Long Island neighbors bewildered at death of family
By By Nick Madigan and Gus G. Sentementes
Apr 22, 2009 at 3:00 AM
A wreath of bright flowers decorates the front door of the tidy white-brick house on First Street, across from the fairways of the Cherry Valley Club.
Occasionally, someone comes by to drop off a bouquet, a note of condolence attached.
The inhabitants of the house, William and Betty Parente, and their 11-year-old daughter, Catherine, won't be coming home.
The three, along with Stephanie Parente, 19, the elder daughter, were found dead Monday at a hotel in Towson.
"I've been sick about it all day today," Jerrie Trapani said Tuesday after dropping off a bouquet at the family's door. "We will miss you Stef," the note accompanying it said. There were four little X's drawn at the bottom. Trapani's son Brian, 20, went to the Garden City High School prom two years ago with Stephanie Parente, a sophomore at Loyola College in Maryland. The kids grew up together, Trapani said.
On Monday, at the request of the Baltimore County police, officers from the Garden City Police Department came to the house, where the Parentes had lived for 12 years, to see whether it too was a crime scene, "to check that there were no other victims and to see if there were any next of kin," said Lt. Vincent Thorn.

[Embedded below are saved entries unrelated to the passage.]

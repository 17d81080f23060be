-- ===== src/Console/TestCommand/Tests.antt =====
-- The arguments of a filtered database run, and a run that passes.
use gin_di.Prelude.{codes, same, [], ◌∷◌, none, true, false, ◌≡◌, refl, lookup, put, delete}
use gin_di.Console.Reporter.{
  Event, pass, handle_all, new_reporter, summary, failed, flush_all, handle, handle_package, flush,
  flush_results, flush_result, record_event,
}
use gin_di.Console.Reporter.Counts.{count_of}
use gin_di.Console.TestCommand.{
  Options, go_test_args, Suite, json, notice, exited, run_reported, scan,
}
use gin_di.Console.TestCommand.Verdict.{run_reported-eq-none, events_of}

abbrev options : Options
options = record {
  filter = codes "Login";
  coverage = false;
  race = true;
  cache = false;
  raw = false;
  database = true;
  extra = [];
}

arguments :
    go_test_args options
    ≡ codes "test"
      ∷ codes "-json"
      ∷ codes "-race"
      ∷ codes "-count=1"
      ∷ codes "-p"
      ∷ codes "1"
      ∷ codes "-run"
      ∷ codes "Login"
      ∷ codes "./..."
      ∷ []
unfolding go_test_args same
arguments = refl

abbrev passing : Event
passing = record {
  action = pass;
  pkg = codes "web-app/a";
  test = codes "TestA";
  elapsed = 0;
  text = [];
}

abbrev suite : Suite
suite = record {
  pipe_error = none;
  start_error = none;
  lines =
      notice (codes "go: downloading") ∷ json passing ∷ json (record passing { test = [] }) ∷ [];
  scan_error = none;
  end = exited;
}

passes : (run_reported suite).1 ≡ none
unfolding run_reported scan summary flush_all handle handle_package flush flush_results flush_result
    record_event lookup put delete same
passes = refl

run_reported-eq-none_example :
    (suite.pipe_error ≡ none)
    × (suite.start_error ≡ none)
    × (suite.scan_error ≡ none)
    × (suite.end ≡ exited)
    × ((run_reported suite).0.0 ≡ (summary (handle_all (events_of suite.lines) new_reporter)).0)
    × (count_of failed (run_reported suite).0.0.printed ≡ 0)
run_reported-eq-none_example = run_reported-eq-none suite passes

Baltimore County police are investigating the deaths as a murder-suicide.
The house is immaculately kept, its lawn mowed, its flower beds neat, its hedges clipped. There is a free-standing basketball hoop in the driveway, next to a silver Volvo S40 with a Loyola College sticker in the rear window. An identical sticker decorated the family's other car, a Mercedes-Benz sport utility vehicle that they used to travel the 200 miles to Towson.
Next door, Cristina Salata sat in her car in the driveway after stopping by to see her parents, close friends of the Parentes. Salata, whose father, a real estate broker, sold the family their house, described them as "the loveliest people."
"It's not as though you could say there was anything weird with them," said Salata, whose husband, Pete, graduated from Loyola in 2000.
The Parentes had moved out to Garden City from Brooklyn, Salata said, and "had a lot of close friends in town." She described the two girls as "beautiful, beautiful."
Salata's father, Robert J. Krener, 64, came outside holding the Parentes' last Christmas card: a picture of the two girls smiling and wearing red Santa Claus caps.
"The whole thing is beyond a tragedy," Krener said. "Betty had such a wonderful sense of humor," he said, recalling she would always bake pies - apple or pumpkin - at Thanksgiving and give one to the Kreners.
"She just had a joy about her, a true inner spirituality," he said.
The Parentes were active members of St. Joseph Roman Catholic Church in Garden City, where Betty Parente distributed Communion. The Rev. Joseph M. Schlafer said he will meet with parents Wednesday night to help guide them on explaining the tragedy to their children.
William Parente was an tax and estate attorney who had an office in midtown Manhattan, where no one answered the phone Tuesday.
Betty Parente was involved in the Girl Scouts and Garden City chapters of several charity organizations, including a United Cerebral Palsy auxiliary and the Children's Medical Fund. She was a member of the Garden City Welcome Club.
"She was a wonderful person and worked very hard for the charity," said Clare Barbadillo of Children's Medical Fund.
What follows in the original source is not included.